Default values are definitively handled on the server side, so if we move them to .po files, we'll have gconfd open tons of .mo files
Comment 22 Matthias Clasen 2009-04-27 04:48:02 UTC
Created attachment 133388 [details] [review]
include bind_textdomain_codeset calls
Comment 23 Matthias Clasen 2009-04-27 04:49:05 UTC
Created attachment 133389 [details] [review]
intltool-merge patch
Comment 24 Matthias Clasen 2009-04-27 04:53:02 UTC
The last patch changes intltool-merge to accept a --schemas-domain=FOO argument, which modifies the way in which schemas files are merged:

- Emit a <gettext_domain> element

- Make sure that the C strings in the merged .schemas file are munged in the same way as the extracted strings in the .pot file, avoiding roundtrip issues I mentioned earlier

- Only emit default values for other locales


Maybe it would be better to do this as a different merge target, and get the domain by parsing Makevars, etc, like intltool-update does...
Comment 25 Matthias Clasen 2009-04-27 05:44:50 UTC
Created attachment 133394 [details] [review]
pick GETTEXT_PACKAGE out of Makefile
Comment 26 Juanje Ojeda 2009-06-01 03:25:21 UTC
Hi, I'm not 100% sure, but I think that something you've changed for this bug could affect to the Gconf translations.

There is a bug #584407 which is related with this. As far I know, before the change to the .po files the Gconf descriptions were showing in the right language, now they are not translated.

I've tested it in a Ubuntu Jaunty with Gconf version 2.26.0-0ubuntu1.

If I'm wrong, please point me to the most probably direction.
Thanks
Comment 27 Matthias Clasen 2009-06-01 05:18:37 UTC
I've told pitti that his patch doesn't quite work...
Comment 28 Vincent Untz 2009-07-17 12:10:58 UTC
Is there anything blocking this?
Comment 29 Matthias Clasen 2009-07-17 13:02:09 UTC
Someone needs to work on getting the corresponding intltool patch in. Unfortunately, intltool no longer lives here, so I am not going to do it...
Comment 30 Vincent Untz 2009-07-17 13:45:33 UTC
(In reply to comment #29)
> Someone needs to work on getting the corresponding intltool patch in.
> Unfortunately, intltool no longer lives here, so I am not going to do it...

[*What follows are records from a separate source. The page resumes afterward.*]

-- ===== src/Cc/Codegen/Typing.antt =====
-- What the helpers of cc/codegen.c emit has the types that they promise.
use sandbox_stack.Prelude.{ℕ, ◌≡◌, inl, inr, refl, subst}
use sandbox_stack.Prelude.{Bool, true, false, Bool-cases, ◌==◌, if◌then◌else◌, List, [], ◌∷◌}
use sandbox_stack.Cc.Codegen.{
  Class, vc_none, vc_i32, vc_i64, vc_f32, vc_f64, same_class, CType, op, FuncSig, emit, to_bool,
  convert, convert_other, narrow, is_bool,
}
use sandbox_stack.Cc.Codegen.Validate.{Stack, Context, result_of}
use sandbox_stack.Cc.Codegen.Typed.{Runs, Types, emit-Types, fail-Types, nothing}

pub same_class_eq : (a b : Class) → same_class a b ≡ true → a ≡ b
same_class_eq vc_none vc_none h = refl
same_class_eq vc_i32 vc_i32 h = refl
same_class_eq vc_i64 vc_i64 h = refl
same_class_eq vc_f32 vc_f32 h = refl
same_class_eq vc_f64 vc_f64 h = refl
same_class_eq vc_none vc_i32 h = cc
same_class_eq vc_none vc_i64 h = cc
same_class_eq vc_none vc_f32 h = cc
same_class_eq vc_none vc_f64 h = cc
same_class_eq vc_i32 vc_none h = cc
same_class_eq vc_i32 vc_i64 h = cc
same_class_eq vc_i32 vc_f32 h = cc
same_class_eq vc_i32 vc_f64 h = cc
same_class_eq vc_i64 vc_none h = cc
same_class_eq vc_i64 vc_i32 h = cc
same_class_eq vc_i64 vc_f32 h = cc
same_class_eq vc_i64 vc_f64 h = cc
same_class_eq vc_f32 vc_none h = cc
same_class_eq vc_f32 vc_i32 h = cc
same_class_eq vc_f32 vc_i64 h = cc
same_class_eq vc_f32 vc_f64 h = cc
same_class_eq vc_f64 vc_none h = cc
same_class_eq vc_f64 vc_i32 h = cc
same_class_eq vc_f64 vc_i64 h = cc
same_class_eq vc_f64 vc_f32 h = cc

module _ {ctx : Context} where
  -- Written-out code is typed by running the validation.
  pub to_bool-Types :
      (c : Class)
      → same_class c vc_none ≡ false
      → Types ctx (emit (to_bool c)) (result_of c) (vc_i32 ∷ [])
  unfolding to_bool
  to_bool-Types vc_none h = cc
  to_bool-Types vc_i32 h = emit-Types (λ all rest st fs. refl)
  to_bool-Types vc_i64 h = emit-Types (λ all rest st fs. refl)
  to_bool-Types vc_f32 h = emit-Types (λ all rest st fs. refl)
  to_bool-Types vc_f64 h = emit-Types (λ all rest st fs. refl)

  pub op_if :
      (u : Bool) (a b : ℕ) {ins outs : Stack}
      → ((all : List FuncSig) → Runs ctx all (op a ∷ []) ins outs)
      → ((all : List FuncSig) → Runs ctx all (op b ∷ []) ins outs)
      → Types ctx (emit (op (if u then a else b) ∷ [])) ins outs
  op_if true a b h k = emit-Types h
  op_if false a b h k = emit-Types k

  convert_other-Types :
      (from to : Class) (u : Bool)
      → Types ctx (convert_other from to u) (result_of from) (result_of to)
  unfolding convert_other
  convert_other-Types vc_i32 vc_i64 u =
      op_if u _ _ (λ all rest st fs. refl) (λ all rest st fs. refl)
  convert_other-Types vc_i32 vc_f32 u =
      op_if u _ _ (λ all rest st fs. refl) (λ all rest st fs. refl)
  convert_other-Types vc_i32 vc_f64 u =
      op_if u _ _ (λ all rest st fs. refl) (λ all rest st fs. refl)
  convert_other-Types vc_i64 vc_i32 u = emit-Types (λ all rest st fs. refl)
  convert_other-Types vc_i64 vc_f32 u =
      op_if u _ _ (λ all rest st fs. refl) (λ all rest st fs. refl)
  convert_other-Types vc_i64 vc_f64 u =
      op_if u _ _ (λ all rest st fs. refl) (λ all rest st fs. refl)
  convert_other-Types vc_f32 vc_f64 u = emit-Types (λ all rest st fs. refl)
  convert_other-Types vc_f32 vc_i32 u =
      op_if u _ _ (λ all rest st fs. refl) (λ all rest st fs. refl)
  convert_other-Types vc_f32 vc_i64 u =
      op_if u _ _ (λ all rest st fs. refl) (λ all rest st fs. refl)
  convert_other-Types vc_f64 vc_f32 u = emit-Types (λ all rest st fs. refl)
  convert_other-Types vc_f64 vc_i32 u =
      op_if u _ _ (λ all rest st fs. refl) (λ all rest st fs. refl)
  convert_other-Types vc_f64 vc_i64 u =
      op_if u _ _ (λ all rest st fs. refl) (λ all rest st fs. refl)
  convert_other-Types vc_none to u = fail-Types
  convert_other-Types vc_i32 vc_none u = fail-Types
  convert_other-Types vc_i32 vc_i32 u = fail-Types
  convert_other-Types vc_i64 vc_none u = fail-Types
  convert_other-Types vc_i64 vc_i64 u = fail-Types
  convert_other-Types vc_f32 vc_none u = fail-Types
  convert_other-Types vc_f32 vc_f32 u = fail-Types
  convert_other-Types vc_f64 vc_none u = fail-Types
  convert_other-Types vc_f64 vc_f64 u = fail-Types

  pub convert-Types :
      (from to : Class) (u : Bool) → Types ctx (convert from to u) (result_of from) (result_of to)
  unfolding convert
  convert-Types from to u = elim (Bool-cases (same_class from to)) [
    | inl same ↦ rw same (
        subst (λ c. Types ctx (emit []) (result_of from) (result_of c)) (same_class_eq from to same)
          nothing)
    | inr other ↦ rw other (convert_other-Types from to u)
  ]

  -- Code of an i32 that stays one
  pub narrow-Types : (to : CType) → Types ctx (emit (narrow to)) (vc_i32 ∷ []) (vc_i32 ∷ [])
  unfolding narrow
  narrow-Types to = elim (Bool-cases (is_bool to)) [
    | inl bool ↦ rw bool nothing
    | inr other ↦ elim (Bool-cases (to.size == 1)) [
      | inl one ↦ elim (Bool-cases to.is_unsigned) [
        | inl u ↦ rw (other, one, u) (emit-Types (λ all rest st fs. refl))
        | inr s ↦ rw (other, one, s) (emit-Types (λ all rest st fs. refl))
      ]
      | inr more ↦ elim (Bool-cases (to.size == 2)) [
        | inl two ↦ elim (Bool-cases to.is_unsigned) [
          | inl u ↦ rw (other, more, two, u) (emit-Types (λ all rest st fs. refl))
          | inr s ↦ rw (other, more, two, s) (emit-Types (λ all rest st fs. refl))
        ]
        | inr large ↦ rw (other, more, large) nothing
      ]
    ]
  ]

Talked to Rodney and filed https://bugs.launchpad.net/intltool/+bug/400679.
Comment 31 Sebastien Bacher 2009-10-07 21:19:15 UTC
Created attachment 144992 [details] [review]
don't clean the gettext_domain attributes for keys not being registered

The current version has an issue, it cleans all the gettext_domain attributes for the keys which are not in the schemas being currently registered, the updated version should fix that bug
Comment 32 Martin Pitt 2011-02-14 09:02:21 UTC
As the reporter of the bug I close this, as the new API du jour is gsettings, which has a sensible gettext integration.